Mary D. Williams breathes new life into historic Stagville through “Songs from Slavery”

Mary D. Williams opened up her performance at the Historic Stagville visitor center with a discussion of the impact of Frederick Douglass, an abolitionist and activist on behalf of enslaved persons in the American south in the 19th century. (Staff photo Tenley Garrett)

It is not uncommon for the average American to be familiar with at least the idea of historic Southern plantations during the slave era of American history. But the reality of plantations and enslavement becomes slightly more unsettling when the truth is close to home.

Historic Stagville, home to one of the largest preserved plantations in North Carolina, sits just within Durham city limits. On March 3, Historic Stagville welcomed Mary D. Williams, a UNC alum and gospel singer, as she led audience members in a musical performance, “Songs from Slavery,” that might have reflected musical practices found on the plantation more than 150 years ago.


The Bennehan family home, probably built around 1787, which hosted the family when they moved to Stagville and founded the plantation. (Staff photo Tenley Garrett)


Williams’ performance combined historical accounts, personal anecdotes and song all in one throughout the roughly full hour of audience engagement. Many of the songs supported the “call-and-response” musical format, whereby Williams would sing a single line and allow for the audience members to repeat back to her, often accompanied by clapping or foot stomping with the rhythm. Williams said that although many scholars would call her work performance art, that does not convey its full character.

“I’m going to take you into my culture as an African-American and on behalf of the ancestors of African-Americans, and I’m going to take you on this journey from slavery up into the Civil Rights movement,” Williams said.

Her performance is especially significant this year, she said, because this year celebrates the 200th birthday of Frederick Douglass. In fact, most of her performance at Stagville focused on the life and memory of the Civil Rights activist and abolitionist whose experience is so well-recorded in his personal narrative, Narrative of the Life of Frederick Douglass, an American Slave.
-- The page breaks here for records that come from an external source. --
-- ===== src/Trace/Coverage.antt =====
-- internal/trace/runner.go: which probes a completed trace has sent.
use flameping.Prelude.{
  ℕ, zero, suc, ◌+◌, ◌-◌, ◌%◌, ◌^◌, ◌≤◌, ◌<◌, ◌≡◌, refl, sym, ap, ◌∙◌, min, List, [], ◌∷◌, ◌++◌,
  ◌&&◌, leb, ◌==◌, some, get_elem?, set, map, append-nil, append_assoc, arith, if_cases,
  option_cases, list_cases,
}
use flameping.Trace.{Limits, Response, TraceProbe}
use flameping.Trace.Probes.{
  Flow, Env, Heard, response, broken, Turn, over, refused, leaves, Tracing, Outcome, going,
  timed_out, failed, has_payload, send_at, send_probe, send_hop, send_hops, answer, take_in,
  quoted_match, lookup, listen, windows, begun, trace_loop,
}

-- What holds of the state of an outcome with no error and no timeout.
abbrev pub After : (Tracing → Type 0) → Outcome → Type 0
After P (going s) = P s
After P (timed_out s) = Unit
After P failed = Unit

pub After-then :
    (P Q : Tracing → Type 0) (o : Outcome) (f : Tracing → Outcome)
    → After P o
    → ((s : Tracing) → P s → After Q (f s))
    → After Q (elim o [ going s ↦ f s | timed_out s ↦ timed_out s | failed ↦ failed ])
After-then P Q (going s) f h next = next s h
After-then P Q (timed_out s) f h next = tt
After-then P Q failed f h next = tt

After-map :
    {P Q : Tracing → Type 0} → ((s : Tracing) → P s → Q s) → (o : Outcome) → After P o → After Q o
After-map f (going s) h = f s h
After-map f (timed_out s) h = tt
After-map f failed h = tt

-- The TTL and the index of a probe.
abbrev pub place : TraceProbe → ℕ × ℕ
place p = (p.ttl, p.index)

-- The probes of one hop from an index on, and of hops from a TTL on.
unfoldable pub row : ℕ → ℕ → ℕ → List (ℕ × ℕ)
row ttl index zero = []
row ttl index (suc n) = (ttl, index) ∷ row ttl (index + 1) n

unfoldable pub rows : ℕ → ℕ → ℕ → List (ℕ × ℕ)
rows per_hop ttl zero = []
rows per_hop ttl (suc n) = row ttl 0 per_hop ++ rows per_hop (ttl + 1) n

rows-append :
    (per_hop ttl m n : ℕ)
    → rows per_hop ttl (m + n) ≡ rows per_hop ttl m ++ rows per_hop (ttl + m) n
unfolding rows
rows-append per_hop ttl zero n =
    let nothing : 0 + n ≡ n = omega arith in
    let here : ttl + 0 ≡ ttl = omega arith in rw (nothing, here) refl
rows-append per_hop ttl (suc m) n =
    let one_more : suc m + n ≡ suc (m + n) = omega arith in
    let later : ttl + suc m ≡ ttl + 1 + m = omega arith in
    rw (one_more, later, rows-append per_hop (ttl + 1) m n)
      (sym (
        append_assoc (row ttl 0 per_hop) (rows per_hop (ttl + 1) m) (rows per_hop (ttl + 1 + m) n)))

map-append : (xs ys : List TraceProbe) → map place (xs ++ ys) ≡ map place xs ++ map place ys
map-append [] ys = refl
map-append (x ∷ xs) ys = ap (λ l. place x ∷ l) (map-append xs ys)

map-set :
    (ps : List TraceProbe) (i : ℕ) (p q : TraceProbe)
    → get_elem? ps i ≡ some p
    → place q ≡ place p
    → map place (set ps i q) ≡ map place ps
map-set [] i p q h same = refl
map-set (x ∷ ps) zero p q h same = ground (arith, h, same)
map-set (x ∷ ps) (suc i) p q h same = ap (λ l. place x ∷ l) (map-set ps i p q h same)

module _ (flow : Flow) (env : Env) where
  -- The places of the probes, and whether a hop was reached.
  abbrev Sent : List (ℕ × ℕ) → ℕ → Tracing → Type 0
  Sent places reached s = (map place s.probes ≡ places) × (s.reached_hop ≡ reached)

  send_at-Sent :
      (turn : Turn) (ttl index reached : ℕ) (places : List (ℕ × ℕ)) (s : Tracing)
      → Sent places reached s
      → After (Sent (places ++ (ttl, index) ∷ []) reached) (send_at flow turn ttl index s)
  unfolding send_at
  send_at-Sent over ttl index reached places s h = tt
  send_at-Sent refused ttl index reached places s h = tt
  send_at-Sent (leaves at) ttl index reached places s (h, same) =
      if_cases (After (Sent (places ++ (ttl, index) ∷ []) reached))
        (has_payload flow ((s.sequence + 1) % 2 ^ 16)) _ _
        (λ paid. (map-append s.probes _ ∙ ap (λ l. l ++ (ttl, index) ∷ []) h, same)) (λ unpaid. tt)

  send_hop-Sent :
      (left ttl index reached : ℕ) (places : List (ℕ × ℕ)) (s : Tracing)
      → Sent places reached s
      → After (Sent (places ++ row ttl index left) reached) (send_hop flow env ttl index left s)
  unfolding send_hop row
  send_hop-Sent zero ttl index reached places s (h, same) = (h ∙ sym (append-nil places), same)
  send_hop-Sent (suc left) ttl index reached places s h =
      rw (sym (append_assoc places ((ttl, index) ∷ []) (row ttl (index + 1) left))) (
        After-then _ _ (send_probe flow env ttl index s) _
          (send_at-Sent (env.turn s.sequence) ttl index reached places s h)
          (λ s' h'. send_hop-Sent left ttl (index + 1) reached (places ++ (ttl, index) ∷ []) s' h'))

  send_hops-Sent :
      (left per_hop ttl reached : ℕ) (places : List (ℕ × ℕ)) (s : Tracing)
      → Sent places reached s
      → After
          (Sent (places ++ rows per_hop ttl left) reached)
          (send_hops flow env per_hop ttl left s)
  unfolding send_hops rows
  send_hops-Sent zero per_hop ttl reached places s (h, same) = (h ∙ sym (append-nil places), same)
  send_hops-Sent (suc left) per_hop ttl reached places s h =
      rw (sym (append_assoc places (row ttl 0 per_hop) (rows per_hop (ttl + 1) left))) (
        After-then _ _ (send_hop flow env ttl 0 per_hop s) _
          (send_hop-Sent per_hop ttl 0 reached places s h)
          (λ s' h'.
            send_hops-Sent left per_hop (ttl + 1) reached (places ++ row ttl 0 per_hop) s' h'))

  take_in-places :
      (at : ℕ) (r : Response) (s : Tracing)
      → map place (take_in flow at r s).probes ≡ map place s.probes
  unfolding take_in answer
  take_in-places at r s =
      if_cases (λ (x : Tracing). map place x.probes ≡ map place s.probes)
        (r.source_port == flow.source_port) _ _
        (λ ours.
          option_cases (λ (x : Tracing). map place x.probes ≡ map place s.probes)
            (lookup (quoted_match flow r) s.outstanding) _ _ (λ unknown. refl)
            (λ i e.
              option_cases (λ (x : Tracing). map place x.probes ≡ map place s.probes)
                (get_elem? s.probes i) _ _ (λ missing. refl)
                (λ p k. map-set s.probes i p _ k refl)))
        (λ foreign. refl)

  listen-places :
      (places : List (ℕ × ℕ)) (hs : List Heard) (s : Tracing)
      → map place s.probes ≡ places
      → After (λ x. map place x.probes ≡ places) (listen flow hs s)
  unfolding listen
  listen-places places [] s h = h
  listen-places places (broken ∷ hs) s h =
      list_cases (After (λ x. map place x.probes ≡ places)) s.outstanding _ _ h (λ o os. tt)
  listen-places places (response at r ∷ hs) s h =
      list_cases (After (λ x. map place x.probes ≡ places)) s.outstanding _ _ h
        (λ o os. listen-places places hs (take_in flow at r s) (take_in-places at r s ∙ h))

module _ (flow : Flow) (limits : Limits) (env : Env) where
  -- All probes up to a hop were sent, and up to the last one unless a hop was reached.
  abbrev pub Covers : Tracing → Type 0
  Covers s =
      (h : ℕ) × ((map place s.probes ≡ rows limits.probes_per_hop 1 h)
        × (h ≤ limits.max_hops)
        × (s.reached_hop ≡ 0 → h ≡ limits.max_hops))

  windows-Covers :
      (fuel first h : ℕ) (s : Tracing)
      → 0 < limits.pipeline_hops
      → map place s.probes ≡ rows limits.probes_per_hop 1 h
      → h ≡ min (first - 1) limits.max_hops
      → 0 < first
      → limits.max_hops < first + fuel
      → After Covers (windows flow limits env fuel first s)
  unfolding windows
  windows-Covers zero first h s pace places here later enough =
      (h, (places, omega (arith, here), λ unreached. omega (arith, here, enough)))
  windows-Covers (suc fuel) first h s pace places here later enough =
      if_cases (After Covers) (leb first limits.max_hops && s.reached_hop == 0) _ _
        (λ more.
          let hops = min limits.pipeline_hops (limits.max_hops + 1 - first) in
          let next : 1 + h ≡ first = ground (arith, more, here, later) in
          After-then (λ s'. map place s'.probes ≡ rows limits.probes_per_hop 1 (h + hops)) Covers
            (send_hops flow env limits.probes_per_hop first hops (record s { outstanding = [] })) _
            (rw (rows-append limits.probes_per_hop 1 h hops, next)
              (After-map
                {P = Sent flow env
                  (rows limits.probes_per_hop 1 h ++ rows limits.probes_per_hop first hops)
                  s.reached_hop}
                (λ s' h'. h'.0) _
                (send_hops-Sent flow env hops limits.probes_per_hop first s.reached_hop
                  (rows limits.probes_per_hop 1 h) (record s { outstanding = [] }) (places, refl))))
            (λ s' sent'.
              After-then (λ x. map place x.probes ≡ rows limits.probes_per_hop 1 (h + hops)) Covers
                (listen flow (env.heard first) s') _
                (listen-places flow env (rows limits.probes_per_hop 1 (h + hops)) (env.heard first)
                  s' sent')
                (λ s'' heard'.
                  windows-Covers fuel (first + limits.pipeline_hops) (h + hops) s'' pace heard'
                    (ground (arith, more, here, later, pace)) (omega (arith, later))
                    (omega (arith, pace, enough)))))
        (λ enough'. (
          h,
          (
            places,
            omega (arith, here),
            λ unreached. ground (arith, here, later, enough', unreached),
          ),
        ))

  -- Where a window has at least one hop, the loop over the windows ends before its fuel, and a trace that
  -- was neither cut off nor failed has sent exactly the probes of the hops from the first one on, each
  -- hop's in the order of their indices: of all hops, unless one was reached.
  pub trace_loop-Covers : 0 < limits.pipeline_hops → After Covers (trace_loop flow limits env)
  unfolding trace_loop rows
  trace_loop-Covers pace =
      windows-Covers limits.max_hops 1 0 (begun flow) pace refl (omega arith) (omega arith)
        (omega arith)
But before any introduction was made, Williams marched slowly up to the podium, moving her eyes deliberately between each audience member while singing Angela Davis’s “Freedom is a Constant Struggle” in her deep, thunderous voice:


They tell me freedom has been a constant struggle, 

We’ve been struggling for so long… 

We must be free.”


The agony and melancholy in her voice could be felt as it reverberated throughout the small room, filling each audience member with a somber sense of the struggle of which Williams sang.

Perhaps the most insightful piece of information Williams gave to her audience was regarding the operational and practical purpose that music served for many enslaved persons on plantations in the American South. Since enslaved people were forbidden to learn to read and write, songs became instrumental in communication and messaging across plantations, she said.

For example, Williams said the lyrics to “Wade in the water” have a figurative meaning which refers to the understanding of some enslaved persons that they had to cross a river in order to escape the plantation. The words “The Lord calls my name by thunder” to Williams can be deciphered in terms of symbol and metaphor. If “thunder” is taken to mean rain, Williams says that this wording indicates the  understanding of enslaved persons that tracking dogs cannot properly hunt during a rainstorm, making this an ideal time to attempt escape. Similarly, songs like “Heaven on My Mind” likely referred to escaping the South, in addition to the expectation of a heavenly afterlife.

After singing songs pertaining to the time during which Douglass was enslaved, Williams then brought the audience to the Civil Rights era. She focused specifically on the incident in southwest Georgia where children, no more than 10 years old, were taken to jail in response to the freedom marches of the Albany Movement

I hear God’s children, they’re praying for mercy . . . Bells getting higher, buses are comin’, open them cells!”

11-year-old Jordan Hearsey joins Williams in leading the audience in song. (Staff photo Tenley Garrett)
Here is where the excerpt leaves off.